Exercise requirements: Only lines with the string "where" should be returned from the data below.

[Working data Boundary: Start]

-- ===== src/Encoding/Utf/Utf32.antt =====
-- UTF-32 to UTF-8 and back.
use capnp_import.Common.{ℕ, suc, length, ◌/◌, ◌%◌, ◌<◌, ◌≤◌, ◌≡◌, List, [], ◌∷◌, ◌++◌}
use capnp_import.Common.{Bool, true, false, Option, some, none, ◌==◌, bit_and, arith, refl}
use capnp_import.Common.{if◌then◌else◌, ltb, ◌&&◌}
use mathlib.Core.Option
use capnp_import.Encoding.Utf.{skip_continuations, char32}
use capnp_import.Encoding.Utf.Steps.{round_joined}
use capnp_import.Encoding.{EncodingResult, add, flag}
use capnp_import.Encoding.Utf.Bytes.{top_five, top_six}
use capnp_import.Encoding.Utf.Steps.{round_four_bytes}
use capnp_import.Encoding.Utf.{
  decode_utf32, decode_char32, three_bytes, four_bytes, is_surrogate, char32_t, joins, finish_round,
  encode_utf_loop, encode_utf32,
}

-- A code point, surrogates included.
abbrev pub IsCodePoint : ℕ → Type 0
IsCodePoint u = u < 0x110000

-- No low surrogate stands behind a code point of which the low 16 bits, the only ones that
-- `encodeUtf` looks at, are those of a high surrogate.
abbrev pub Unjoined : Option ℕ → List ℕ → Type 0
Unjoined back [] = Unit
Unjoined back (u ∷ us) =
    ((ltb u 0x10000 && (is_surrogate u && joins back u)) ≡ false) × Unjoined (some u) us

-- The test of `decodeUtf32`, on all 32 bits.
abbrev is_surrogate32 : ℕ → Bool
is_surrogate32 u = bit_and u 0xfffff800 == 0xd800

abbrev add_code_point : ℕ → EncodingResult → EncodingResult
add_code_point u s = if is_surrogate32 u then flag (add u s) else add u s

-- One code point, written by `decodeUtf32` before `r` and read back.
module _ (nul : Bool) (fuel : ℕ) (back : Option ℕ) (u : ℕ) (r : EncodingResult) where
  abbrev Reads : Type 0
  Reads =
      encode_utf_loop char32_t nul (suc fuel) back (decode_char32 u r).value
      ≡ Option.map (λ s. add_code_point u s) (encode_utf_loop char32_t nul fuel (some u) r.value)

value-pair :
    (u v : ℕ)
    → 0x10000 ≤ u
    → IsCodePoint u
    → v / 1024 ≡ 55
    → (decode_utf32 (u ∷ v ∷ [])).value ≡ four_bytes u ++ (three_bytes v ++ [])
unfolding decode_utf32 decode_char32
value-pair u v lo hi low = ground arith

length-pair : (u v : ℕ) → length (four_bytes u ++ (three_bytes v ++ [])) ≡ 7
unfolding four_bytes three_bytes
length-pair u v = refl

surrogate_joins :
    (u v : ℕ) → u / 1024 % 64 ≡ 54 → v / 1024 ≡ 55 → (is_surrogate v && joins (some u) v) ≡ true
unfolding joins
surrogate_joins u v high low = ground (arith, top_five v, top_six v, top_six u)

-- A low surrogate behind a code point above U+FFFF whose low 16 bits are those of a high surrogate
-- forms no pair, and yet `encodeUtf32` replaces it by U+FFFD.
pub encode_utf32_replaces :
    (u v : ℕ)
    → 0x10000 ≤ u
    → IsCodePoint u
    → u / 1024 % 64 ≡ 54
    → v / 1024 ≡ 55
    → encode_utf32 (decode_utf32 (u ∷ v ∷ [])).value false
      ≡ some (record { value = u ∷ 0xfffd ∷ []; had_errors = true })
unfolding encode_utf32
encode_utf32_replaces u v lo hi high low = rw (value-pair u v lo hi low) (
    rw (length-pair u v) (
      rw (round_four_bytes char32_t false 6 none (three_bytes v ++ []) u lo hi)
        (rest (surrogate_joins u v high low))))
  where
    rest :
        (is_surrogate v && joins (some u) v) ≡ true
        → finish_round char32_t (char32 u (three_bytes v ++ [])) (encode_utf_loop char32_t false 6)
          ≡ some (record { value = u ∷ 0xfffd ∷ []; had_errors = true })
    rest joined =
        unfold finish_round in
        rw (round_joined char32_t false 5 (some u) [] v (omega arith) (omega arith) joined)
          (unfold encode_utf_loop skip_continuations in refl)
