-- ===== src/Io.antt =====
-- Byte streams: capnproto/c++/src/kj/io.c++ and io.h.
pub mod Input
pub mod Output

[Working data Boundary: End]

Solution:
module _ (nul : Bool) (fuel : ℕ) (back : Option ℕ) (u : ℕ) (r : EncodingResult) where
  where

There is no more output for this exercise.